Print the data below exactly, but only the lines from the one containing "pub mod Classes" down to the one containing "foreign : ℕ → Err", inclusive.

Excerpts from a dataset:
________
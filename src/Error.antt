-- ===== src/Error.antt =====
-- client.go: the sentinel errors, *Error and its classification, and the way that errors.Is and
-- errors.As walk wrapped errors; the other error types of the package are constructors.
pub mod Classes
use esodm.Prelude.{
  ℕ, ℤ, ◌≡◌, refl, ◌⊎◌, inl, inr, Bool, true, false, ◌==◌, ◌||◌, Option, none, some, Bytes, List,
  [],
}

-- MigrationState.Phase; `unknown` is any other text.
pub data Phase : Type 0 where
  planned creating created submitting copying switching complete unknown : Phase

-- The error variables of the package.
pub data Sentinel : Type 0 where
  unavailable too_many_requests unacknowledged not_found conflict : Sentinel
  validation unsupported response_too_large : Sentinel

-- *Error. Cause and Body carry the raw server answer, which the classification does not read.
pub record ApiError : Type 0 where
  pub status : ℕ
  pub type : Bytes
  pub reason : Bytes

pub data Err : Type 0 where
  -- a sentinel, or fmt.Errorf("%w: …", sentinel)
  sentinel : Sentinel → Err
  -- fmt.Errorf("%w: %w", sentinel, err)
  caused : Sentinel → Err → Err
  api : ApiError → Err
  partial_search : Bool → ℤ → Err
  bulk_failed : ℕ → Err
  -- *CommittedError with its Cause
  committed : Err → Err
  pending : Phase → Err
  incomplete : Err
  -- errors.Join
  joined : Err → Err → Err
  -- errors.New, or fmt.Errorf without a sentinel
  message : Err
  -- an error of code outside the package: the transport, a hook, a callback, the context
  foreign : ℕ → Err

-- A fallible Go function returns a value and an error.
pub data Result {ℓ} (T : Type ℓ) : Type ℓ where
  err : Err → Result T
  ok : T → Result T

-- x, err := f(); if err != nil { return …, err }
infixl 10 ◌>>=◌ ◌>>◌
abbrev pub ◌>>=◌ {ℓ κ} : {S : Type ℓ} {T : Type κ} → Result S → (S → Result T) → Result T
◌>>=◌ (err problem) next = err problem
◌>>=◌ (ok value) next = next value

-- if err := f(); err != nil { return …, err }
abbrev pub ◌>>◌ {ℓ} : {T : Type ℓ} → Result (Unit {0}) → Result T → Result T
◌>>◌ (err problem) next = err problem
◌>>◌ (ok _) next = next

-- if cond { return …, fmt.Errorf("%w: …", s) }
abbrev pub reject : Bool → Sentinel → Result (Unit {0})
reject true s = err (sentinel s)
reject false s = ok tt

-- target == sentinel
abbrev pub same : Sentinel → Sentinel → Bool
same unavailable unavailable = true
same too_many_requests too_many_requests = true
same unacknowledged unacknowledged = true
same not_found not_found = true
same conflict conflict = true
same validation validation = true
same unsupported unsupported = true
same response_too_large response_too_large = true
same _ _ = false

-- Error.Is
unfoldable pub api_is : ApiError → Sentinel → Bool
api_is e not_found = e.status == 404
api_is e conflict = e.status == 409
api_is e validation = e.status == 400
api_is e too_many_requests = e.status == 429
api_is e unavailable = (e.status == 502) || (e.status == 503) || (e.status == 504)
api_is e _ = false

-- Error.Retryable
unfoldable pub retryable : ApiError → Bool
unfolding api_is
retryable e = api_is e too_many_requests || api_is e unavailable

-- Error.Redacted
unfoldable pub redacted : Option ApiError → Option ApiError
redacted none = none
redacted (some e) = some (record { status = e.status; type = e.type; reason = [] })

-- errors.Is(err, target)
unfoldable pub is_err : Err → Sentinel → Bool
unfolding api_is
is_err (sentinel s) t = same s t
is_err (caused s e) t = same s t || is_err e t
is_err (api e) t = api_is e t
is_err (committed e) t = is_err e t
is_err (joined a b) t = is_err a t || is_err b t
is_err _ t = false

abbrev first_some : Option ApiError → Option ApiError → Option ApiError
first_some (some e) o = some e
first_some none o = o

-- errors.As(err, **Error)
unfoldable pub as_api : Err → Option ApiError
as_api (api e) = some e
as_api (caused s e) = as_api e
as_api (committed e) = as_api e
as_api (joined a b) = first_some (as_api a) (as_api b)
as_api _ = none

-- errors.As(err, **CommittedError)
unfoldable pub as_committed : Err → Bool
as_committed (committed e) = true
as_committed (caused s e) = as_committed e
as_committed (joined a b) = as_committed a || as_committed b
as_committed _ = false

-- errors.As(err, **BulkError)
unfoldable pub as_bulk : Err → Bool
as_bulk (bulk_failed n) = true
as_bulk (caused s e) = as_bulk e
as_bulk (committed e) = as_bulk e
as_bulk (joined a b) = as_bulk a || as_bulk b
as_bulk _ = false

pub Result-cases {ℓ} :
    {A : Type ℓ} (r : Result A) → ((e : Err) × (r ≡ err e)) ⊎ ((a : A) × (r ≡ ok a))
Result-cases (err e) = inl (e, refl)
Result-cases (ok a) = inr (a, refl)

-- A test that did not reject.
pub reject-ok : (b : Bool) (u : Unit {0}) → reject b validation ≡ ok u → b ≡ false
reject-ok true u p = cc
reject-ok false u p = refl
________
◆ Reply
pub mod Classes
use esodm.Prelude.{
  ℕ, ℤ, ◌≡◌, refl, ◌⊎◌, inl, inr, Bool, true, false, ◌==◌, ◌||◌, Option, none, some, Bytes, List,
  [],
}

-- MigrationState.Phase; `unknown` is any other text.
pub data Phase : Type 0 where
  planned creating created submitting copying switching complete unknown : Phase

-- The error variables of the package.
pub data Sentinel : Type 0 where
  unavailable too_many_requests unacknowledged not_found conflict : Sentinel
  validation unsupported response_too_large : Sentinel

-- *Error. Cause and Body carry the raw server answer, which the classification does not read.
pub record ApiError : Type 0 where
  pub status : ℕ
  pub type : Bytes
  pub reason : Bytes

pub data Err : Type 0 where
  -- a sentinel, or fmt.Errorf("%w: …", sentinel)
  sentinel : Sentinel → Err
  -- fmt.Errorf("%w: %w", sentinel, err)
  caused : Sentinel → Err → Err
  api : ApiError → Err
  partial_search : Bool → ℤ → Err
  bulk_failed : ℕ → Err
  -- *CommittedError with its Cause
  committed : Err → Err
  pending : Phase → Err
  incomplete : Err
  -- errors.Join
  joined : Err → Err → Err
  -- errors.New, or fmt.Errorf without a sentinel
  message : Err
  -- an error of code outside the package: the transport, a hook, a callback, the context
  foreign : ℕ → Err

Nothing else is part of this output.